**WORK ITEM**
Every entry must be duplicated word for word.
*** Block opens ***
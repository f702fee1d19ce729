-- ===== src/Staking/RateLaws.antt =====
-- What the exchange rate's update recognises, and what becomes of the fee that it leaves in the
-- vault.
use rise_protocol.Prelude.{
  ℕ, ◌+◌, ◌-◌, ◌*◌, ◌/◌, ◌≤◌, ◌<◌, ◌≡◌, refl, inl, inr, ltb, ok, arith, Bool-cases, u128,
}
use rise_protocol.Solana.{Pubkey, Runtime}
use rise_protocol.Staking.State.{GlobalPool, rate_scale}
use rise_protocol.Staking.Rate.{
  update_exchange_rate, recognise, credit_rewards, credit_staking_revenue, refresh_rate,
}
use rise_protocol.Staking.Fees.{CollectFees, sweepable}
use rise_protocol.Staking.Sound.{credit_rewards-Rerated, recognise-cases}
use rise_protocol.Staking.Effects.{sweepable-eq}
use rise_protocol.Staking.Authority.{update_exchange_rate-SameSettings}

-- What the vault holds above the liquid buffer and the queued withdrawals.
abbrev pub excess : {B : Type 0} → Runtime B → Pubkey → GlobalPool → B → ℕ
excess rt vault p b =
    rt.lamports b vault - p.pending_withdrawals_lamports - p.liquid_buffer_lamports

module _ {B : Type 0} (rt : Runtime B) (vault : Pubkey) (p p' : GlobalPool) (b : B) where
  pub update_exchange_rate_runs :
      p.last_rate_update_epoch < rt.epoch b
      → update_exchange_rate rt p vault b ≡ ok p'
      → (p.pending_withdrawals_lamports ≤ rt.lamports b vault)
        × (recognise p
              (rt.lamports b vault - p.pending_withdrawals_lamports)
              (rt.epoch b)
              (rt.slot b)
            ≡ ok p')
  unfolding update_exchange_rate
  update_exchange_rate_runs due h = ground arith

  credit_rewards-epoch :
      (rewards epoch slot : ℕ)
      → credit_rewards p rewards epoch slot ≡ ok p'
      → p'.last_rate_update_epoch ≡ epoch
  unfolding credit_rewards
  credit_rewards-epoch rewards epoch slot h = ground arith

  -- In a new epoch an update that succeeds earns the excess less the protocol's fee on it, for the
  -- staked SOL and the buffer alike, leaves the supply and the queued withdrawals alone, and records
  -- the epoch.
  pub update_exchange_rate_earns :
      p.last_rate_update_epoch < rt.epoch b
      → update_exchange_rate rt p vault b ≡ ok p'
      → (p'.total_sol_staked
          ≡ p.total_sol_staked
            + (excess rt vault p b - excess rt vault p b * p.protocol_fee_bps / 10_000))
        × (p'.liquid_buffer_lamports
            ≡ p.liquid_buffer_lamports
              + (excess rt vault p b - excess rt vault p b * p.protocol_fee_bps / 10_000))
        × (p'.staking_rise_sol_supply ≡ p.staking_rise_sol_supply)
        × (p'.pending_withdrawals_lamports ≡ p.pending_withdrawals_lamports)
        × (p'.last_rate_update_epoch ≡ rt.epoch b)
  update_exchange_rate_earns due h =
      let (fits, run) = update_exchange_rate_runs due h in
      elim (recognise-cases p (rt.lamports b vault - p.pending_withdrawals_lamports) (rt.epoch b)
        (rt.slot b) p' run) [
          | inl (few, e) ↦
              let zero_excess : excess rt vault p b ≡ 0 = omega arith in
              rw (e, zero_excess) (omega arith)
          | inr (more, credit) ↦
              let rated =
                credit_rewards-Rerated p (excess rt vault p b) (rt.epoch b) (rt.slot b) p' credit in
              (
                rated.0,
                rated.2,
                rated.1,
                rated.3,
                credit_rewards-epoch (excess rt vault p b) (rt.epoch b) (rt.slot b) credit,
              )
        ]

-- A fee that an update left in the vault and that nobody collected counts as rewards at the next
-- update: of the protocol's fee `f` on the first excess, the stakers get all but the fee on `f`.
pub update_exchange_rate_again :
    {B : Type 0} (rt : Runtime B) (vault : Pubkey) (p p1 p2 : GlobalPool) (b b2 : B) (f : ℕ)
    → p.last_rate_update_epoch < rt.epoch b
    → update_exchange_rate rt p vault b ≡ ok p1
    → rt.epoch b < rt.epoch b2
    → rt.lamports b2 vault ≡ rt.lamports b vault
    → update_exchange_rate rt p1 vault b2 ≡ ok p2
    → f ≡ excess rt vault p b * p.protocol_fee_bps / 10_000
    → f ≤ excess rt vault p b
    → (excess rt vault p1 b2 ≡ f)
      × (p2.total_sol_staked ≡ p1.total_sol_staked + (f - f * p.protocol_fee_bps / 10_000))
update_exchange_rate_again rt vault p p1 p2 b b2 f due first later kept second fee part =
    let one = update_exchange_rate_earns rt vault p p1 b due first in
    let fits = (update_exchange_rate_runs rt vault p p1 b due first).0 in
    let two = update_exchange_rate_earns rt vault p1 p2 b2 (omega (arith, one)) second in
    let same_fee = (update_exchange_rate-SameSettings rt vault p p1 b first).fee in
    let left : excess rt vault p1 b2 ≡ f = rw kept (omega (arith, one, fits)) in
    (left, rw (left, same_fee) at two.0)

refresh_rate_runs :
    (p : GlobalPool)
    → p.total_sol_staked * rate_scale < u128
    → (q : GlobalPool) × (refresh_rate p ≡ ok q)
      × (q.liquid_buffer_lamports ≡ p.liquid_buffer_lamports)
      × (q.pending_withdrawals_lamports ≡ p.pending_withdrawals_lamports)
      × (q.total_sol_staked ≡ p.total_sol_staked)
unfolding refresh_rate
refresh_rate_runs p fits = elim (Bool-cases (ltb 0 p.staking_rise_sol_supply)) [
  | inl some_supply ↦ (
    record p { exchange_rate = p.total_sol_staked * rate_scale / p.staking_rise_sol_supply },
    ground arith,
    refl,
    refl,
    refl,
  )
  | inr no_supply ↦ (p, ground arith, refl, refl, refl)
]

sweepable-zero :
    {B : Type 0} (rt : Runtime B) (a : CollectFees) (b : B)
    → rt.lamports b a.pool_vault
      ≡ a.pool.liquid_buffer_lamports + a.pool.pending_withdrawals_lamports
    → sweepable rt a b ≡ ok 0
unfolding sweepable
sweepable-zero rt a b h = ground arith

-- Whatever fees there are to sweep, anyone can have them credited to the stakers instead, with no
-- deposit at all: crediting that amount as revenue succeeds, and then there is nothing to sweep.
-- (The numbers stay within u128.)
pub credit_staking_revenue_takes_fees :
    {B : Type 0} (rt : Runtime B) (a : CollectFees) (n : ℕ) (b : B)
    → sweepable rt a b ≡ ok n
    → 0 < n
    → rt.lamports b a.pool_vault < u128
    → (a.pool.total_sol_staked + n) * rate_scale < u128
    → (p' : GlobalPool) × (credit_staking_revenue rt a.pool a.pool_vault n b ≡ ok p')
      × (p'.total_sol_staked ≡ a.pool.total_sol_staked + n)
      × (sweepable rt (record a { pool = p' }) b ≡ ok 0)
unfolding credit_staking_revenue
credit_staking_revenue_takes_fees rt a n b fees positive fits scaled =
    let held = sweepable-eq rt a b n fees in
    let (q, runs, e_liquid, e_pending, e_total) =
      refresh_rate_runs
        (record a.pool {
          total_sol_staked = a.pool.total_sol_staked + n;
          liquid_buffer_lamports = a.pool.liquid_buffer_lamports + n;
        })
        scaled in
    (
      q,
      ground (arith, held, runs),
      e_total,
      sweepable-zero rt (record a { pool = q }) b (omega (arith, held, e_liquid, e_pending)),
    )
*** Block closes ***
**ANSWER**
repository f702fee1d19ce729
-- ===== src/Staking/RateLaws.antt =====
-- What the exchange rate's update recognises, and what becomes of the fee that it leaves in the
-- vault.
use rise_protocol.Prelude.{
  ℕ, ◌+◌, ◌-◌, ◌*◌, ◌/◌, ◌≤◌, ◌<◌, ◌≡◌, refl, inl, inr, ltb, ok, arith, Bool-cases, u128,
}
use rise_protocol.Solana.{Pubkey, Runtime}
use rise_protocol.Staking.State.{GlobalPool, rate_scale}
use rise_protocol.Staking.Rate.{
  update_exchange_rate, recognise, credit_rewards, credit_staking_revenue, refresh_rate,
}
use rise_protocol.Staking.Fees.{CollectFees, sweepable}
use rise_protocol.Staking.Sound.{credit_rewards-Rerated, recognise-cases}
use rise_protocol.Staking.Effects.{sweepable-eq}
use rise_protocol.Staking.Authority.{update_exchange_rate-SameSettings}

-- What the vault holds above the liquid buffer and the queued withdrawals.
abbrev pub excess : {B : Type 0} → Runtime B → Pubkey → GlobalPool → B → ℕ
excess rt vault p b =
    rt.lamports b vault - p.pending_withdrawals_lamports - p.liquid_buffer_lamports

module _ {B : Type 0} (rt : Runtime B) (vault : Pubkey) (p p' : GlobalPool) (b : B) where
  pub update_exchange_rate_runs :
      p.last_rate_update_epoch < rt.epoch b
      → update_exchange_rate rt p vault b ≡ ok p'
      → (p.pending_withdrawals_lamports ≤ rt.lamports b vault)
        × (recognise p
              (rt.lamports b vault - p.pending_withdrawals_lamports)
              (rt.epoch b)
              (rt.slot b)
            ≡ ok p')
  unfolding update_exchange_rate
  update_exchange_rate_runs due h = ground arith

  credit_rewards-epoch :
      (rewards epoch slot : ℕ)
      → credit_rewards p rewards epoch slot ≡ ok p'
      → p'.last_rate_update_epoch ≡ epoch
  unfolding credit_rewards
  credit_rewards-epoch rewards epoch slot h = ground arith

  -- In a new epoch an update that succeeds earns the excess less the protocol's fee on it, for the
  -- staked SOL and the buffer alike, leaves the supply and the queued withdrawals alone, and records
  -- the epoch.
  pub update_exchange_rate_earns :
      p.last_rate_update_epoch < rt.epoch b
      → update_exchange_rate rt p vault b ≡ ok p'
      → (p'.total_sol_staked
          ≡ p.total_sol_staked
            + (excess rt vault p b - excess rt vault p b * p.protocol_fee_bps / 10_000))
        × (p'.liquid_buffer_lamports
            ≡ p.liquid_buffer_lamports
              + (excess rt vault p b - excess rt vault p b * p.protocol_fee_bps / 10_000))
        × (p'.staking_rise_sol_supply ≡ p.staking_rise_sol_supply)
        × (p'.pending_withdrawals_lamports ≡ p.pending_withdrawals_lamports)
        × (p'.last_rate_update_epoch ≡ rt.epoch b)
  update_exchange_rate_earns due h =
      let (fits, run) = update_exchange_rate_runs due h in
      elim (recognise-cases p (rt.lamports b vault - p.pending_withdrawals_lamports) (rt.epoch b)
        (rt.slot b) p' run) [
          | inl (few, e) ↦
              let zero_excess : excess rt vault p b ≡ 0 = omega arith in
              rw (e, zero_excess) (omega arith)
          | inr (more, credit) ↦
              let rated =
                credit_rewards-Rerated p (excess rt vault p b) (rt.epoch b) (rt.slot b) p' credit in
              (
                rated.0,
                rated.2,
                rated.1,
                rated.3,
                credit_rewards-epoch (excess rt vault p b) (rt.epoch b) (rt.slot b) credit,
              )
        ]

-- A fee that an update left in the vault and that nobody collected counts as rewards at the next
-- update: of the protocol's fee `f` on the first excess, the stakers get all but the fee on `f`.
pub update_exchange_rate_again :
    {B : Type 0} (rt : Runtime B) (vault : Pubkey) (p p1 p2 : GlobalPool) (b b2 : B) (f : ℕ)
    → p.last_rate_update_epoch < rt.epoch b
    → update_exchange_rate rt p vault b ≡ ok p1
    → rt.epoch b < rt.epoch b2
    → rt.lamports b2 vault ≡ rt.lamports b vault
    → update_exchange_rate rt p1 vault b2 ≡ ok p2
    → f ≡ excess rt vault p b * p.protocol_fee_bps / 10_000
    → f ≤ excess rt vault p b
    → (excess rt vault p1 b2 ≡ f)
      × (p2.total_sol_staked ≡ p1.total_sol_staked + (f - f * p.protocol_fee_bps / 10_000))
update_exchange_rate_again rt vault p p1 p2 b b2 f due first later kept second fee part =
    let one = update_exchange_rate_earns rt vault p p1 b due first in
    let fits = (update_exchange_rate_runs rt vault p p1 b due first).0 in
    let two = update_exchange_rate_earns rt vault p1 p2 b2 (omega (arith, one)) second in
    let same_fee = (update_exchange_rate-SameSettings rt vault p p1 b first).fee in
    let left : excess rt vault p1 b2 ≡ f = rw kept (omega (arith, one, fits)) in
    (left, rw (left, same_fee) at two.0)

refresh_rate_runs :
    (p : GlobalPool)
    → p.total_sol_staked * rate_scale < u128
    → (q : GlobalPool) × (refresh_rate p ≡ ok q)
      × (q.liquid_buffer_lamports ≡ p.liquid_buffer_lamports)
      × (q.pending_withdrawals_lamports ≡ p.pending_withdrawals_lamports)
      × (q.total_sol_staked ≡ p.total_sol_staked)
unfolding refresh_rate
refresh_rate_runs p fits = elim (Bool-cases (ltb 0 p.staking_rise_sol_supply)) [
  | inl some_supply ↦ (
    record p { exchange_rate = p.total_sol_staked * rate_scale / p.staking_rise_sol_supply },
    ground arith,
    refl,
    refl,
    refl,
  )
  | inr no_supply ↦ (p, ground arith, refl, refl, refl)
]

sweepable-zero :
    {B : Type 0} (rt : Runtime B) (a : CollectFees) (b : B)
    → rt.lamports b a.pool_vault
      ≡ a.pool.liquid_buffer_lamports + a.pool.pending_withdrawals_lamports
    → sweepable rt a b ≡ ok 0
unfolding sweepable
sweepable-zero rt a b h = ground arith

-- Whatever fees there are to sweep, anyone can have them credited to the stakers instead, with no
-- deposit at all: crediting that amount as revenue succeeds, and then there is nothing to sweep.
-- (The numbers stay within u128.)
pub credit_staking_revenue_takes_fees :
    {B : Type 0} (rt : Runtime B) (a : CollectFees) (n : ℕ) (b : B)
    → sweepable rt a b ≡ ok n
    → 0 < n
    → rt.lamports b a.pool_vault < u128
    → (a.pool.total_sol_staked + n) * rate_scale < u128
    → (p' : GlobalPool) × (credit_staking_revenue rt a.pool a.pool_vault n b ≡ ok p')
      × (p'.total_sol_staked ≡ a.pool.total_sol_staked + n)
      × (sweepable rt (record a { pool = p' }) b ≡ ok 0)
unfolding credit_staking_revenue
credit_staking_revenue_takes_fees rt a n b fees positive fits scaled =
    let held = sweepable-eq rt a b n fees in
    let (q, runs, e_liquid, e_pending, e_total) =
      refresh_rate_runs
        (record a.pool {
          total_sol_staked = a.pool.total_sol_staked + n;
          liquid_buffer_lamports = a.pool.liquid_buffer_lamports + n;
        })
        scaled in
    (
      q,
      ground (arith, held, runs),
      e_total,
      sweepable-zero rt (record a { pool = q }) b (omega (arith, held, e_liquid, e_pending)),
    )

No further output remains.